Thanks @lapp0! More insights the better! Would appreciate any comments you have

This will result in Muon orthogonalizing all LM heads together. I've experimented with this in the past for modded-nanogpt and it results in a faster steps, but less learning per step, netting less learning per minute.

Very interesting! I will fall back to more traditional qkv.

1 reply

lapp0 Jan 6, 2025
Collaborator Author

Was looking at your new code, good progress! Some comments:

Shuffling

Shuffling each epoch violates sequence contiguity unless your dataloader ensures each bin file starts with BOS and ends with EOS.

random.seed(self.next_shard) will result in the same shuffle for each subsequent epoch.
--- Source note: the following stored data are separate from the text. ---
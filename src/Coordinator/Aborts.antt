-- ===== src/Coordinator/Aborts.antt =====
-- src/pi/coordinator.ts: the work of a generation that is left.
use pi_kiwifs_memory.Prelude.{ℕ, ◌≡◌, ◌≢◌, Bool, true, false, Memᴰ}
use pi_kiwifs_memory.Coordinator.{
  Work, Coordinator, CoordinatorStep, starts_session, forks, switches, ticks, crashes, before_tree,
  tree, shuts_down, marks, registers, settles,
}

-- The work of the generation `g` has had its signal and is gone; other work is untouched.
pub record IsAborted (g : ℕ) (c c' : Coordinator) : Type 0 where
  pub fired : (w : Work) → Memᴰ w c.work → w.work_generation ≡ g → Memᴰ w.controller c'.aborted
  pub gone : (w : Work) → Memᴰ w c'.work → w.work_generation ≢ g
  pub spared : (w : Work) → Memᴰ w c.work → w.work_generation ≢ g → Memᴰ w c'.work

-- A switch, a shutdown, or a navigation in an active session. A start for another session mints
-- too, but fires no signal.
abbrev pub is_ending : CoordinatorStep → Coordinator → Bool
is_ending switches c = true
is_ending (shuts_down io) c = true
is_ending (tree session leaf old_leaf new_leaf io io') c = c.active
is_ending (starts_session session leaf io) c = false
is_ending forks c = false
is_ending ticks c = false
is_ending crashes c = false
is_ending (before_tree is_aborted ids) c = false
is_ending (marks ids io) c = false
is_ending (registers g controller) c = false
is_ending (settles controller) c = false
I recommend self.random_shuffler = random.Random(42)

Dataloader Warning?

Have you received this warning? It's unclear to me whether this is an issue generally, or if I'm getting the warning it due to some fineweb-edu samples being extremely large.
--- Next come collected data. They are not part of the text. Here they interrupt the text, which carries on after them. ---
-- ===== src/Access.antt =====
-- Who may call what: backend/app/api/deps.py.
pub mod Roles
pub mod Scope
mod Tests
use text.Mathlib.Text.{◌==◌ as str_eq}
use attendence_v.Prelude.{
  ℕ, String, Bool, true, false, not, Option, none, some, List, [], ◌∷◌, if◌then◌else◌, ◌==◌, ◌||◌,
  ◌&&◌,
}
use attendence_v.Storage.{
  Db, Session, Platform, Error, Result, ok, raised, http, Exec, pure, raise, ◌>>=◌, query,
}
use attendence_v.Storage.Models.{
  User, UserRole, CourseInstructor, admin, instructor, auditor, operator,
}
use attendence_v.Redis.{Redis}
use attendence_v.Auth.Tokens.{
  decode_token, TokenClaims, SecuritySettings, Jwt, Checked, claims_of, rejected, access,
  validate_token,
}
use attendence_v.Auth.Replies.{find_user}

-- The bearer token if there is one, else the cookie.
unfoldable pub credentials : Option String → Option String → Option String
credentials (some bearer) cookie = some bearer
credentials none cookie = cookie

module _ (redis : Redis) (jwt : Jwt) (settings : SecuritySettings) (p : Platform) where
  open redis use {State}

  unfoldable pub check_active : Option User → Exec User
  check_active none = raise (http 401 "Authenticated user does not exist.")
  check_active (some user) =
      if not user.is_active then raise (http 403 "Authenticated user is inactive.") else pure user

  unfoldable pub check_token : Checked → Exec User
  check_token (rejected e) = raise (http 401 "Invalid or expired authentication token.")
  check_token (claims_of claims) = do
    user ← query (λ d. find_user claims.sub d.users)
    check_active user

  unfoldable pub authenticate : ℕ → Option String → State → Exec User
  authenticate now none r = raise (http 401 "Authentication credentials were not provided.")
  authenticate now (some token) r =
      if str_eq (p.strip token) ""
      then raise (http 401 "Authentication credentials were not provided.")
      else check_token (validate_token redis jwt settings now (p.strip token) access r)

  unfoldable pub get_current_user : ℕ → Option String → Option String → State → Exec User
  get_current_user now bearer cookie r = authenticate now (credentials bearer cookie) r

unfoldable pub same_role : UserRole → UserRole → Bool
same_role admin admin = true
same_role instructor instructor = true
same_role auditor auditor = true
same_role operator operator = true
same_role a b = false

unfoldable pub role_in : UserRole → List UserRole → Bool
role_in role [] = false
role_in role (a ∷ allowed) = same_role role a || role_in role allowed

unfoldable pub ensure_user_role : User → List UserRole → String → Result User
ensure_user_role user allowed detail =
    if not (role_in user.role allowed) then raised (http 403 detail) else ok user

unfoldable pub get_current_admin_user : User → Result User
get_current_admin_user user =
    ensure_user_role user (admin ∷ []) "Administrator privileges are required for this operation."

unfoldable pub get_current_instructor_user : User → Result User
get_current_instructor_user user =
    ensure_user_role user (admin ∷ instructor ∷ [])
      "Instructor or administrator privileges are required for this operation."

unfoldable pub get_current_ingest_user : User → Result User
get_current_ingest_user user =
    ensure_user_role user (admin ∷ instructor ∷ [])
      "Instructor or administrator privileges are required to submit frames for inference."

unfoldable pub get_current_worker_system : User → Result User
get_current_worker_system user =
    ensure_user_role user (admin ∷ operator ∷ [])
      "Worker system or administrator privileges are required for this operation."

unfoldable pub get_current_governance_reader : User → Result User
get_current_governance_reader user =
    ensure_user_role user (admin ∷ auditor ∷ [])
      "Auditor or administrator privileges are required for this operation."

-- The row that the link query looks for.
unfoldable pub is_owner_link : ℕ → ℕ → CourseInstructor → Bool
is_owner_link user_id course_id row =
    (row.user_id == user_id) && (row.course_id == course_id) && str_eq row.role_in_course "owner"

unfoldable pub linked : ℕ → ℕ → List CourseInstructor → Bool
linked user_id course_id [] = false
linked user_id course_id (row ∷ rows) =
    is_owner_link user_id course_id row || linked user_id course_id rows

-- `enabled` is the setting `course_scoped_authz_enabled`.
unfoldable pub ensure_course_scoped_principal : Bool → User → ℕ → Exec User
ensure_course_scoped_principal enabled user course_id s =
    if not enabled
    then (ok user, s)
    else if same_role user.role admin
    then (ok user, s)
    else if not (same_role user.role instructor)
    then (raised (http 404 "Course does not exist."), s)
    else if not (linked user.id course_id s.working.course_instructors)
    then (raised (http 404 "Course does not exist."), s)
    else (ok user, s)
-            assert sample[0] == 0 and sample[-1] == 2, (sample[0], sample[-1])
-            assert curr_batch_len < self.local_batch_size, curr_batch_len
+            if not sample[0] == self.cls_id and sample[-1] == self.eos_id:
+                print(f"Warning: sample[0]=={sample[0]}, sample[-1]=={sample[-1]}, sample.numel()=={sample.numel()}")
+                print(f"\ti={i}, eos_positions[:i]=={eos_positions[:i]}")
+            assert curr_batch_len < self.local_batch_size, str((curr_batch_len, self.local_batch_size))

FYI

While I selected a small MLP size, it may not be optimal, I was only attempting to squeeze my model into the ~40M range: expansion_ratio=3/2,
Behavior differs here:

-        self.tokenizer = tokenizer
+        super().__init__()
         self.mask_token_id = tokenizer.mask_token_id
-        self.special_tokens = torch.tensor(tokenizer.all_special_ids)
-        canonical_amino_acids = 'ACDEFGHIKLMNPQRSTVWY'
-        canonical_amino_acids_ids = tokenizer.convert_tokens_to_ids(list(canonical_amino_acids))
-        self.low_range = min(canonical_amino_acids_ids)
-        self.high_range = max(canonical_amino_acids_ids)
+        standard_tokens = [tokenizer.convert_tokens_to_ids(tok) for tok in tokenizer.all_tokens if tok not in tokenizer.all_special_tokens]
+        self.register_buffer("standard_tokens", torch.tensor(standard_tokens, dtype=torch.int32))
+        self.register_buffer("special_tokens", torch.tensor(tokenizer.all_special_ids, dtype=torch.int32))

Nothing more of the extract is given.